# My betta's cool colour transformation



## QuicksilverBetta (May 12, 2021)

So this guy now named little fella is having some crazy colour changes he seems to change by the day it think he looks so cool I still don't think he is done changing it will be interesting to see what colours he decided to stick with.

(From when I got him to a week or so ago)









(Today)


----------



## FishandBirdLover (May 5, 2021)

He is so pretty! Keep up the good work!!!


----------



## jennasBettaHobby (Nov 10, 2021)

*That is one beautiful Betta 🥰 Did you breed or purchase him ? *


----------



## QuicksilverBetta (May 12, 2021)

jennasBettaHobby said:


> *That is one beautiful Betta 🥰 Did you breed or purchase him ? *


Thank you,
I brought him from my local fish store along with his sibling but she (if she is a she still not sure) isn't changing colours to much....

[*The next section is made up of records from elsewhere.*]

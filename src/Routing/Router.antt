-- ===== src/Routing/Router.antt =====
-- routing/router.py: the choice of a model and its fallback chain. Prices are micro-dollars per million
-- tokens; quality, latency and the weights of a policy are hundredths, and a score is compared as what
-- speaks for a model and what its price takes away, in units of 1/1500000000. The rounding of the floats
-- is left out. The catalog of models (providers/base.py), the registry's choice of a provider for a
-- name and whether the local model is enabled and healthy are arguments.
pub mod Selection
pub mod Filters
pub mod Choice
mod Tests
pub mod Chain
use jake_ai.Prelude.{
  Bool, Dict, List, Option, String, [], all, false, filter, if◌then◌else◌, leb, length, lookup, ltb,
  mem_str, min, none, not, or_else, some, str_eq, true, ℕ, ◌&&◌, ◌*◌, ◌++◌, ◌+◌, ◌==◌, ◌||◌, ◌∷◌,
}

pub record ModelCapabilities : Type 0 where
  pub provider : String
  pub model : String
  pub context_window : ℕ
  pub supports_streaming : Bool
  pub supports_tools : Bool
  pub supports_json : Bool
  pub supports_prompt_cache : Bool
  pub supports_embeddings : Bool
  pub supports_reasoning : Bool
  pub input_pricing : ℕ
  pub output_pricing : ℕ

pub record RoutingPolicy : Type 0 where
  -- `requested_model.strip()`
  pub requested_model : String
  pub preferred_provider : Option String
  pub required_capabilities : List String
  pub max_input_cost_per_million : Option ℕ
  pub workload_class : Option String
  pub allow_fallback : Bool
  pub allowed_providers : List String
  pub disallowed_providers : List String
  pub cost_aware_routing : Bool
  pub context_tokens : ℕ
  pub quality_requirement : Option ℕ
  pub quality_weight : ℕ
  pub capability_weight : ℕ
  pub latency_weight : ℕ
  pub cost_weight : ℕ

-- what the router has around it
pub record Surroundings : Type 0 where
  -- `ModelCapabilityCatalog.list_all` and `ModelCapabilityCatalog.get`
  pub list_all : List ModelCapabilities
  pub get_capabilities : String → String → ModelCapabilities
  -- `resolve_provider_name_for_model`
  pub resolve_provider : String → String
  pub local_available : Bool

pub record RoutingDecision : Type 0 where
  pub selected_provider : String
  pub selected_model : String
  pub fallback_chain : List (String × String)
  pub estimated_input_cost : ℕ
  pub estimated_output_cost : ℕ
  pub cost_savings_per_million : ℕ

-- `MODEL_QUALITY_MAP`
abbrev pub model_quality : Dict ℕ
model_quality =
    ("o1", 100)
    ∷ ("claude-3-5-sonnet", 96)
    ∷ ("o3-mini", 95)
    ∷ ("gpt-4o", 94)
    ∷ ("claude-3-opus", 93)
    ∷ ("deepseek-reasoner", 93)
    ∷ ("gemini-1.5-pro", 92)
    ∷ ("gemini-2.0-flash", 88)
    ∷ ("deepseek-chat", 85)
    ∷ ("llama-3.3-70b-versatile", 84)
    ∷ ("gpt-4o-mini", 78)
    ∷ ("gemini-1.5-flash", 77)
    ∷ ("claude-3-haiku", 75)
    ∷ ("local-model", 72)
    ∷ ("llama-3.1-8b-instant", 65)
    ∷ ("openrouter/auto", 80)
    ∷ []

-- `MODEL_LATENCY_SCORE`
abbrev pub model_latency : Dict ℕ
model_latency =
    ("llama-3.1-8b-instant", 98)
    ∷ ("gemini-1.5-flash", 95)
    ∷ ("gemini-2.0-flash", 95)
    ∷ ("gpt-4o-mini", 92)
    ∷ ("claude-3-haiku", 90)
    ∷ ("local-model", 85)
    ∷ ("deepseek-chat", 80)
    ∷ ("llama-3.3-70b-versatile", 78)
    ∷ ("gpt-4o", 75)
    ∷ ("claude-3-5-sonnet", 72)
    ∷ ("gemini-1.5-pro", 70)
    ∷ ("o3-mini", 55)
    ∷ ("deepseek-reasoner", 50)
    ∷ ("claude-3-opus", 35)
    ∷ ("o1", 30)
    ∷ ("openrouter/auto", 70)
    ∷ []

unfoldable pub quality_of : String → ℕ
quality_of model = or_else (lookup model model_quality) 75

abbrev count : Bool → ℕ
count true = 1
count false = 0

-- `sum(1.0 for cap in caps if cap)`, of five
unfoldable pub capability_count : ModelCapabilities → ℕ
capability_count c =
    count c.supports_streaming
    + count c.supports_tools
    + count c.supports_json
    + count c.supports_prompt_cache
    + count c.supports_reasoning

unfoldable pub is_workload : String → RoutingPolicy → Bool
is_workload name p = str_eq (or_else p.workload_class "") name

-- the weights of quality, capability, latency and cost
unfoldable pub weights : RoutingPolicy → ℕ × ℕ × ℕ × ℕ
weights p =
    if p.cost_aware_routing || is_workload "simple_chat" p
    then (30, 15, 15, 40)
    else (p.quality_weight, p.capability_weight, p.latency_weight, p.cost_weight)

-- `_compute_candidate_score`: what speaks for the model, and what its price takes away
unfoldable pub candidate_score : RoutingPolicy → ModelCapabilities → ℕ × ℕ
candidate_score p c =
    let (w_quality, w_capability, w_latency, w_cost) = weights p in
    (
      (w_quality * quality_of c.model
            + w_capability * 20 * capability_count c
            + w_latency * or_else (lookup c.model model_latency) 70)
          * 150000,
      w_cost * min 15000000 c.input_pricing,
    )

-- at least the score of another
unfoldable pub scores_over : ℕ × ℕ → ℕ × ℕ → Bool
scores_over (gain, loss) (gain', loss') = leb (gain' + loss) (gain + loss')

-- the provider that the request resolves to, before the whitelist and the blacklist
unfoldable pub resolved_provider : Surroundings → RoutingPolicy → String → String
resolved_provider s p model =
    let named = or_else p.preferred_provider "" in
    if str_eq named "" then s.resolve_provider model else named

-- falls back to the first provider that is allowed
unfoldable pub whitelisted : RoutingPolicy → String → String
whitelisted p provider = elim p.allowed_providers [
  | [] ↦ provider
  | first ∷ others ↦ if mem_str provider (first ∷ others) then provider else first
]

abbrev first_not_in : List String → List String → String → String
first_not_in [] disallowed provider = provider
first_not_in (alt ∷ alts) disallowed provider =
    let rest = first_not_in alts disallowed provider in
    if not (mem_str alt disallowed) then alt else rest

unfoldable pub not_blacklisted : RoutingPolicy → String → String
not_blacklisted p provider =
    if mem_str provider p.disallowed_providers
    then first_not_in ("openai" ∷ "gemini" ∷ "anthropic" ∷ "groq" ∷ []) p.disallowed_providers
        provider
    else provider

unfoldable pub provider_name : Surroundings → RoutingPolicy → String → String
provider_name s p model = not_blacklisted p (whitelisted p (resolved_provider s p model))

unfoldable pub is_default : String → Bool
is_default model = str_eq model "default" || str_eq model ""

-- the catalog, with the requested model if it lacks it
unfoldable pub known_models : Surroundings → String → ModelCapabilities → List ModelCapabilities
known_models s model requested =
    if not (is_default model)
      && all (λ (c : ModelCapabilities). not (str_eq c.model requested.model)) s.list_all
    then s.list_all ++ (requested ∷ [])
    else s.list_all

unfoldable pub min_quality : RoutingPolicy → ℕ
min_quality p = elim p.quality_requirement [
  | some q ↦ q
  | none ↦
      if is_workload "coding" p || is_workload "coding_context" p
      then 85
      else if is_workload "reasoning" p || is_workload "financial_reasoning" p
      then 90
      else if is_workload "simple_chat" p
      then 40
      else 60
]

-- whether `getattr(candidate, req_cap, False)` is true, for the fields of `ModelCapabilities` above
unfoldable pub has_capability : ModelCapabilities → String → Bool
has_capability c name =
    if str_eq name "supports_streaming"
    then c.supports_streaming
    else if str_eq name "supports_tools"
    then c.supports_tools
    else if str_eq name "supports_json"
    then c.supports_json
    else if str_eq name "supports_prompt_cache"
    then c.supports_prompt_cache
    else if str_eq name "supports_embeddings"
    then c.supports_embeddings
    else if str_eq name "supports_reasoning"
    then c.supports_reasoning
    else if str_eq name "provider"
    then not (str_eq c.provider "")
    else if str_eq name "model"
    then not (str_eq c.model "")
    else if str_eq name "context_window"
    then ltb 0 c.context_window
    else if str_eq name "input_pricing"
    then ltb 0 c.input_pricing
    else if str_eq name "output_pricing"
    then ltb 0 c.output_pricing
    else false

-- `max_input_cost_per_million is None or price <= max_input_cost_per_million`
unfoldable pub within_budget : RoutingPolicy → ModelCapabilities → Bool
within_budget p c = elim p.max_input_cost_per_million [
  | none ↦ true
  | some most ↦ leb c.input_pricing most
]

unfoldable pub is_permitted_provider : RoutingPolicy → String → Bool
is_permitted_provider p provider =
    (length p.allowed_providers == 0 || mem_str provider p.allowed_providers)
    && not (mem_str provider p.disallowed_providers)

-- the hard filters
unfoldable pub is_compatible : Surroundings → RoutingPolicy → String → ModelCapabilities → Bool
is_compatible s p model c =
    is_permitted_provider p c.provider
    && (p.context_tokens == 0 || leb p.context_tokens c.context_window)
    && all (has_capability c) p.required_capabilities
    && within_budget p c
    && (str_eq c.model model || leb (min_quality p) (quality_of c.model))
    && (not (str_eq c.provider "local") || s.local_available)

-- `sort(key=score, reverse=True)`, which keeps the order of equal scores
unfoldable pub insert_by_score :
    RoutingPolicy → ModelCapabilities → List ModelCapabilities → List ModelCapabilities
insert_by_score p c [] = c ∷ []
insert_by_score p c (d ∷ ds) =
    let rest = insert_by_score p c ds in
    if scores_over (candidate_score p c) (candidate_score p d) then c ∷ d ∷ ds else d ∷ rest

unfoldable pub by_score : RoutingPolicy → List ModelCapabilities → List ModelCapabilities
by_score p [] = []
by_score p (c ∷ cs) = insert_by_score p c (by_score p cs)

unfoldable pub compatible_candidates :
    Surroundings → RoutingPolicy → String → ModelCapabilities → List ModelCapabilities
compatible_candidates s p model requested =
    by_score p (filter (is_compatible s p model) (known_models s model requested))
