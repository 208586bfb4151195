-- ===== src/Routing/Router/Selection.antt =====
-- `ModelRouter.route` of routing/router.py: the selection among the compatible candidates, the fallback
-- chain and the decision.
use jake_ai.Prelude.{
  Bool, List, Option, Result, String, [], codes, contains, err, false, filter, if◌then◌else◌, leb,
  length, ltb, mem_str, none, not, ok, or_else, some, stop_iteration, str_eq, true, ◌&&◌, ◌++◌, ◌-◌,
  ◌>>=◌, ◌||◌, ◌∷◌,
}
use jake_ai.Routing.Router.{
  ModelCapabilities, RoutingPolicy, Surroundings, RoutingDecision, is_workload, is_default,
  within_budget, provider_name, compatible_candidates,
}

-- `next(c for c in candidates if test(c))`, if there is one
unfoldable pub first_where :
    (ModelCapabilities → Bool) → List ModelCapabilities → Option ModelCapabilities
first_where test [] = none
first_where test (c ∷ cs) = let rest = first_where test cs in if test c then some c else rest

abbrev pub of_model : String → ModelCapabilities → Bool
of_model model c = str_eq c.model model

abbrev pub of_provider : String → ModelCapabilities → Bool
of_provider provider c = str_eq c.provider provider

-- the cost-efficient tier of a provider
unfoldable pub is_tier_of : String → ModelCapabilities → Bool
is_tier_of provider c =
    (str_eq provider "gemini" && of_model "gemini-1.5-flash" c)
    || (str_eq provider "openai" && of_model "gpt-4o-mini" c)
    || (str_eq provider "anthropic" && of_model "claude-3-haiku" c)

-- Case A, over the budget; `top` is the best of the candidates
unfoldable pub cheaper : String → ModelCapabilities → List ModelCapabilities → ModelCapabilities
cheaper provider top candidates =
    or_else (first_where (is_tier_of provider) candidates)
      (or_else (first_where (of_provider provider) candidates) top)

-- Case B, a reasoning model
unfoldable pub reasoning : String → ModelCapabilities → List ModelCapabilities → ModelCapabilities
reasoning provider top candidates =
    let able = filter (λ (c : ModelCapabilities). c.supports_reasoning) candidates in
    or_else (first_where (of_provider provider) able)
      (or_else (first_where (of_model "o3-mini") able) (or_else (first_where (λ c. true) able) top))

-- Case C, a cheap model of the provider, else the requested one, which need not be there
unfoldable pub cost_aware : String → String → List ModelCapabilities → Result ModelCapabilities
cost_aware provider model candidates =
    elim (first_where
      (λ (c : ModelCapabilities). of_provider provider c && leb c.input_pricing 500000)
      candidates) [
        | some c ↦ ok c
        | none ↦ elim (first_where (of_model model) candidates) [
          | some c ↦ ok c
          | none ↦ err stop_iteration
        ]
      ]

-- Cases D and E, the requested model if it is among the candidates, else the best
unfoldable pub requested_or_top :
    String → ModelCapabilities → List ModelCapabilities → ModelCapabilities
requested_or_top model top candidates =
    if is_default model then top else or_else (first_where (of_model model) candidates) top

unfoldable pub is_cost_aware : RoutingPolicy → ModelCapabilities → Bool
is_cost_aware p requested =
    p.cost_aware_routing && is_workload "simple_chat" p && ltb 500000 requested.input_pricing

-- among `top` and those behind it
unfoldable pub select :
    RoutingPolicy
    → String
    → String
    → ModelCapabilities
    → ModelCapabilities
    → List ModelCapabilities
    → Result ModelCapabilities
select p provider model requested top candidates =
    if not (within_budget p requested)
    then ok (cheaper provider top candidates)
    else if mem_str "supports_reasoning" p.required_capabilities && not requested.supports_reasoning
    then ok (reasoning provider top candidates)
    else if is_cost_aware p requested
    then cost_aware provider model candidates
    else ok (requested_or_top model top candidates)

-- what is selected: the capabilities, and the provider and the model that are named
pub record Selection : Type 0 where
  pub capabilities : ModelCapabilities
  pub provider : String
  pub model : String

abbrev named_after : ModelCapabilities → Selection
named_after c = record { capabilities = c; provider = c.provider; model = c.model }

unfoldable pub selection :
    Surroundings
    → RoutingPolicy
    → String
    → String
    → ModelCapabilities
    → List ModelCapabilities
    → Result Selection
selection s p provider model requested [] =
    if is_default model
    then ok (record {
      capabilities = s.get_capabilities "gemini-1.5-flash" "gemini";
      provider = "gemini";
      model = "gemini-1.5-flash";
    })
    else ok (record { capabilities = requested; provider = provider; model = model })
selection s p provider model requested (top ∷ cs) =
    select p provider model requested top (top ∷ cs) >>= λ c. ok (named_after c)

-- `canonical_fallbacks`
unfoldable pub canonical_fallbacks : String → String → List (String × String)
canonical_fallbacks provider model =
    if str_eq provider "anthropic"
    then ("openai", "gpt-4o") ∷ ("gemini", "gemini-1.5-flash") ∷ []
    else if str_eq provider "openai"
    then (if contains (codes "mini") (codes model)
        then ("gemini", "gemini-1.5-flash") ∷ ("groq", "llama-3.1-8b-instant") ∷ []
        else ("anthropic", "claude-3-5-sonnet") ∷ ("gemini", "gemini-1.5-pro") ∷ [])
    else if str_eq provider "gemini"
    then ("openai", "gpt-4o-mini") ∷ ("groq", "llama-3.3-70b-versatile") ∷ []
    else ("openai", "gpt-4o-mini") ∷ ("gemini", "gemini-1.5-flash") ∷ []

-- `(p, m) in fallback_chain`
unfoldable pub in_chain : String → String → List (String × String) → Bool
in_chain p m [] = false
in_chain p m ((q, n) ∷ chain) = (str_eq q p && str_eq n m) || in_chain p m chain

unfoldable pub is_fallback :
    RoutingPolicy → String → List (String × String) → String → String → Bool
is_fallback p selected chain provider model =
    not (mem_str provider p.disallowed_providers)
    && not (str_eq provider selected)
    && not (in_chain provider model chain)

unfoldable pub push :
    RoutingPolicy → String → String × String → List (String × String) → List (String × String)
push p selected (provider, model) chain =
    if is_fallback p selected chain provider model then chain ++ ((provider, model) ∷ []) else chain

unfoldable pub push_all :
    RoutingPolicy
    → String
    → List (String × String)
    → List (String × String)
    → List (String × String)
push_all p selected [] chain = chain
push_all p selected (entry ∷ entries) chain =
    push_all p selected entries (push p selected entry chain)

-- the remaining candidates, until the chain has three
unfoldable pub augment :
    RoutingPolicy
    → String
    → List ModelCapabilities
    → List (String × String)
    → List (String × String)
augment p selected [] chain = chain
augment p selected (c ∷ cs) chain =
    let longer = push p selected (c.provider, c.model) chain in
    let more = augment p selected cs longer in if leb 3 (length longer) then longer else more

unfoldable pub fallbacks :
    RoutingPolicy → Selection → List ModelCapabilities → List (String × String)
fallbacks p chosen candidates =
    if p.allow_fallback
    then augment p chosen.provider candidates
        (push_all p chosen.provider (canonical_fallbacks chosen.provider chosen.model) [])
    else []

unfoldable pub decision :
    RoutingPolicy → ModelCapabilities → List ModelCapabilities → Selection → RoutingDecision
decision p requested candidates chosen = record {
  selected_provider = chosen.provider;
  selected_model = chosen.model;
  fallback_chain = fallbacks p chosen candidates;
  estimated_input_cost = chosen.capabilities.input_pricing;
  estimated_output_cost = chosen.capabilities.output_pricing;
  cost_savings_per_million = requested.input_pricing - chosen.capabilities.input_pricing;
}

-- `model` is the requested name, stripped
unfoldable pub route : Surroundings → RoutingPolicy → Result RoutingDecision
route s p =
    let model = p.requested_model in
    let provider = provider_name s p model in
    let requested = s.get_capabilities model provider in
    let candidates = compatible_candidates s p model requested in
    selection s p provider model requested candidates >>= λ chosen.
    ok (decision p requested candidates chosen)
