-- ===== src/Routing/Router/Chain.antt =====
-- The fallback chain: never back to the provider that was selected, never to one that is ruled out, never
-- twice to the same model, and short. The whitelist has no say in it.
use jake_ai.Prelude.{
  Bool-cases, List, String, [], arith, bind-ok, eq_iff, false, if_both, inl, inr, leb, length,
  length-append, mem_str, ok, refl, str_eq, subst, sym, true, ◌&&◌, ◌++◌, ◌+◌, ◌||◌, ◌∷◌, ◌≡◌, ◌≤◌,
}
use jake_ai.Routing.Router.{
  provider_name, compatible_candidates, ModelCapabilities, RoutingPolicy, Surroundings,
  RoutingDecision,
}
use jake_ai.Routing.Router.Selection.{
  in_chain, is_fallback, push, push_all, augment, canonical_fallbacks, fallbacks, route, Selection,
  decision, selection,
}

-- the entry is not on the rest
abbrev pub IsChain : RoutingPolicy → String → List (String × String) → Type 0
IsChain p selected [] = Unit
IsChain p selected ((provider, model) ∷ chain) =
    (mem_str provider p.disallowed_providers ≡ false)
    × (str_eq provider selected ≡ false)
    × (in_chain provider model chain ≡ false)
    × IsChain p selected chain

in_chain-append :
    (p m q n : String) (chain : List (String × String))
    → in_chain p m (chain ++ ((q, n) ∷ [])) ≡ (in_chain p m chain || (str_eq q p && str_eq n m))
unfolding in_chain
in_chain-append p m q n [] = ground arith
in_chain-append p m q n ((x, y) ∷ chain) = ground (arith, in_chain-append p m q n chain)

IsChain-append :
    (p : RoutingPolicy) (selected provider model : String) (chain : List (String × String))
    → IsChain p selected chain
    → mem_str provider p.disallowed_providers ≡ false
    → str_eq provider selected ≡ false
    → in_chain provider model chain ≡ false
    → IsChain p selected (chain ++ ((provider, model) ∷ []))
unfolding in_chain
IsChain-append p selected provider model [] h ruled other fresh = (ruled, other, refl, tt)
IsChain-append p selected provider model ((x, y) ∷ chain) (h1, h2, h3, hs) ruled other fresh = (
  h1,
  h2,
  ground (
    arith,
    in_chain-append x y provider model chain,
    eq_iff x provider,
    eq_iff provider x,
    eq_iff y model,
    eq_iff model y,
  ),
  IsChain-append p selected provider model chain hs ruled other (ground arith),
)

push-IsChain :
    (p : RoutingPolicy) (selected : String) (entry : String × String)
    (chain : List (String × String))
    → IsChain p selected chain
    → IsChain p selected (push p selected entry chain)
unfolding push is_fallback
push-IsChain p selected (provider, model) chain h =
    elim (Bool-cases (is_fallback p selected chain provider model)) [
      | inl fits ↦ rw fits (
          IsChain-append p selected provider model chain h (ground arith) (ground arith)
            (ground arith))
      | inr unfit ↦ rw unfit h
    ]

push_all-IsChain :
    (p : RoutingPolicy) (selected : String) (entries chain : List (String × String))
    → IsChain p selected chain
    → IsChain p selected (push_all p selected entries chain)
unfolding push_all
push_all-IsChain p selected [] chain h = h
push_all-IsChain p selected (entry ∷ entries) chain h =
    push_all-IsChain p selected entries (push p selected entry chain)
      (push-IsChain p selected entry chain h)

augment-IsChain :
    (p : RoutingPolicy) (selected : String) (cs : List ModelCapabilities)
    (chain : List (String × String))
    → IsChain p selected chain
    → IsChain p selected (augment p selected cs chain)
unfolding augment
augment-IsChain p selected [] chain h = h
augment-IsChain p selected (c ∷ cs) chain h =
    elim (Bool-cases (leb 3 (length (push p selected (c.provider, c.model) chain)))) [
      | inl full ↦ rw full (push-IsChain p selected (c.provider, c.model) chain h)
      | inr room ↦ rw room (
          augment-IsChain p selected cs (push p selected (c.provider, c.model) chain)
            (push-IsChain p selected (c.provider, c.model) chain h))
    ]

length-push :
    (p : RoutingPolicy) (selected : String) (entry : String × String)
    (chain : List (String × String))
    → length (push p selected entry chain) ≤ length chain + 1
unfolding push
length-push p selected (provider, model) chain =
    ground (arith, length-append chain ((provider, model) ∷ []))

length-augment :
    (p : RoutingPolicy) (selected : String) (cs : List ModelCapabilities)
    (chain : List (String × String))
    → length chain ≤ 2
    → length (augment p selected cs chain) ≤ 3
unfolding augment
length-augment p selected [] chain h = omega arith
length-augment p selected (c ∷ cs) chain h =
    elim (Bool-cases (leb 3 (length (push p selected (c.provider, c.model) chain)))) [
      | inl full ↦ rw full (omega (arith, length-push p selected (c.provider, c.model) chain))
      | inr room ↦ rw room (
          length-augment p selected cs (push p selected (c.provider, c.model) chain) (ground arith))
    ]

length-push_all :
    (p : RoutingPolicy) (selected : String) (entries chain : List (String × String))
    → length (push_all p selected entries chain) ≤ length chain + length entries
unfolding push_all
length-push_all p selected [] chain = omega arith
length-push_all p selected (entry ∷ entries) chain = omega (
  arith,
  length-push_all p selected entries (push p selected entry chain),
  length-push p selected entry chain,
)

length-canonical_fallbacks :
    (provider model : String) → length (canonical_fallbacks provider model) ≡ 2
unfolding canonical_fallbacks
length-canonical_fallbacks provider model = ground arith

fallbacks-IsChain :
    (p : RoutingPolicy) (chosen : Selection) (cs : List ModelCapabilities)
    → IsChain p chosen.provider (fallbacks p chosen cs) × (length (fallbacks p chosen cs) ≤ 3)
unfolding fallbacks
fallbacks-IsChain p chosen cs =
    let canonical = canonical_fallbacks chosen.provider chosen.model in
    let start = push_all p chosen.provider canonical [] in
    if_both (λ chain. IsChain p chosen.provider chain × (length chain ≤ 3)) p.allow_fallback _ _
      (
        augment-IsChain p chosen.provider cs start
            (push_all-IsChain p chosen.provider canonical [] tt),
        length-augment p chosen.provider cs start (
            omega (
              arith,
              length-push_all p chosen.provider canonical [],
              length-canonical_fallbacks chosen.provider chosen.model,
            )),
      )
      (tt, omega arith)

-- The fallback chain of a decision has three entries at most, none of the selected provider or of one
-- that is ruled out, and no entry twice.
pub route-IsChain :
    (s : Surroundings) (p : RoutingPolicy) (d : RoutingDecision)
    → route s p ≡ ok d
    → IsChain p d.selected_provider d.fallback_chain × (length d.fallback_chain ≤ 3)
unfolding route decision
route-IsChain s p d e =
    let model = p.requested_model in
    let provider = provider_name s p model in
    let requested = s.get_capabilities model provider in
    let candidates = compatible_candidates s p model requested in
    let (chosen, _, made) = bind-ok (selection s p provider model requested candidates) _ d e in
    let (chain, short) = fallbacks-IsChain p chosen candidates in
    let same : decision p requested candidates chosen ≡ d = ground arith in
    subst
      (λ (x : RoutingDecision).
        IsChain p x.selected_provider x.fallback_chain × (length x.fallback_chain ≤ 3))
      same (chain, short)

in_chain-push :
    (x y : String) (p : RoutingPolicy) (selected : String) (entry : String × String)
    (chain : List (String × String))
    → in_chain x y chain ≡ true
    → in_chain x y (push p selected entry chain) ≡ true
unfolding push
in_chain-push x y p selected (provider, model) chain h =
    ground (arith, in_chain-append x y provider model chain)

in_chain-augment :
    (x y : String) (p : RoutingPolicy) (selected : String) (cs : List ModelCapabilities)
    (chain : List (String × String))
    → in_chain x y chain ≡ true
    → in_chain x y (augment p selected cs chain) ≡ true
unfolding augment
in_chain-augment x y p selected [] chain h = h
in_chain-augment x y p selected (c ∷ cs) chain h =
    let longer = push p selected (c.provider, c.model) chain in
    let there = in_chain-push x y p selected (c.provider, c.model) chain h in
    if_both (λ ch. in_chain x y ch ≡ true) (leb 3 (length longer)) _ _ there
      (in_chain-augment x y p selected cs longer there)

first_push :
    (p : RoutingPolicy)
    → mem_str "openai" p.disallowed_providers ≡ false
    → in_chain "openai" "gpt-4o" (push p "anthropic" ("openai", "gpt-4o") []) ≡ true
unfolding push is_fallback in_chain
first_push p allowed = ground arith

anthropic_falls_back :
    (p : RoutingPolicy) (model : String)
    → mem_str "openai" p.disallowed_providers ≡ false
    → in_chain "openai" "gpt-4o" (push_all p "anthropic" (canonical_fallbacks "anthropic" model) [])
      ≡ true
unfolding canonical_fallbacks push_all
anthropic_falls_back p model allowed =
    in_chain-push "openai" "gpt-4o" p "anthropic" ("gemini", "gemini-1.5-flash") _
      (first_push p allowed)

falls_back :
    (p : RoutingPolicy) (chosen : Selection) (cs : List ModelCapabilities)
    → p.allow_fallback ≡ true
    → chosen.provider ≡ "anthropic"
    → mem_str "openai" p.disallowed_providers ≡ false
    → in_chain "openai" "gpt-4o" (fallbacks p chosen cs) ≡ true
unfolding fallbacks
falls_back p chosen cs on named allowed =
    let start =
      in_chain-augment "openai" "gpt-4o" p "anthropic" cs _
        (anthropic_falls_back p chosen.model allowed) in
    simp (on, named) start

-- Where fallback is on and openai is not ruled out, a decision for anthropic falls back to openai's
-- gpt-4o, whatever the whitelist of the policy says.
pub whitelist_ignored :
    (s : Surroundings) (p : RoutingPolicy) (d : RoutingDecision)
    → route s p ≡ ok d
    → d.selected_provider ≡ "anthropic"
    → p.allow_fallback ≡ true
    → mem_str "openai" p.disallowed_providers ≡ false
    → in_chain "openai" "gpt-4o" d.fallback_chain ≡ true
unfolding route decision fallbacks
whitelist_ignored s p d e at_anthropic on allowed =
    let model = p.requested_model in
    let provider = provider_name s p model in
    let requested = s.get_capabilities model provider in
    let candidates = compatible_candidates s p model requested in
    let (chosen, _, made) = bind-ok (selection s p provider model requested candidates) _ d e in
    let named : "anthropic" ≡ chosen.provider = ground arith in
    let chain : fallbacks p chosen candidates ≡ d.fallback_chain = ground arith in
    subst (λ ch. in_chain "openai" "gpt-4o" ch ≡ true) chain
      (falls_back p chosen candidates on (sym named) allowed)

(Little fella's sister her name is Oyster)









They were separated when I bought them and currently live in separate tanks 😊


----------



## anggit.amino (Nov 1, 2021)

QuicksilverBetta said:


> Thank you,
> I brought him from my local fish store along with his sibling but she (if she is a she still not sure) isn't changing colours to much....
> 
> (Little fella's sister her name is Oyster)
> ...





QuicksilverBetta said:


> Thank you,
> I brought him from my local fish store along with his sibling but she (if she is a she still not sure) isn't changing colours to much....
> 
> (Little fella's sister her name is Oyster)
> ...


She's female betta


----------



## QuicksilverBetta (May 12, 2021)

anggit.amino said:


> She's female betta


Excellent that's what I thought thank you 😊


----------



## Zephyrski (Sep 21, 2021)

Beautiful boy you got there!


----------



## QuicksilverBetta (May 12, 2021)

Zephyrski said:


> Beautiful boy you got there!


Thank you 😊


----------



## Newbie- (9 mo ago)

His 


QuicksilverBetta said:


> Thank you,
> I brought him from my local fish store along with his sibling but she (if she is a she still not sure) isn't changing colours to much....
> 
> (Little fella's sister her name is Oyster)
> ...


oyster looks like a koi 😮both are ABSOLUTELY GORGEOUS the colors change is always interesting


----------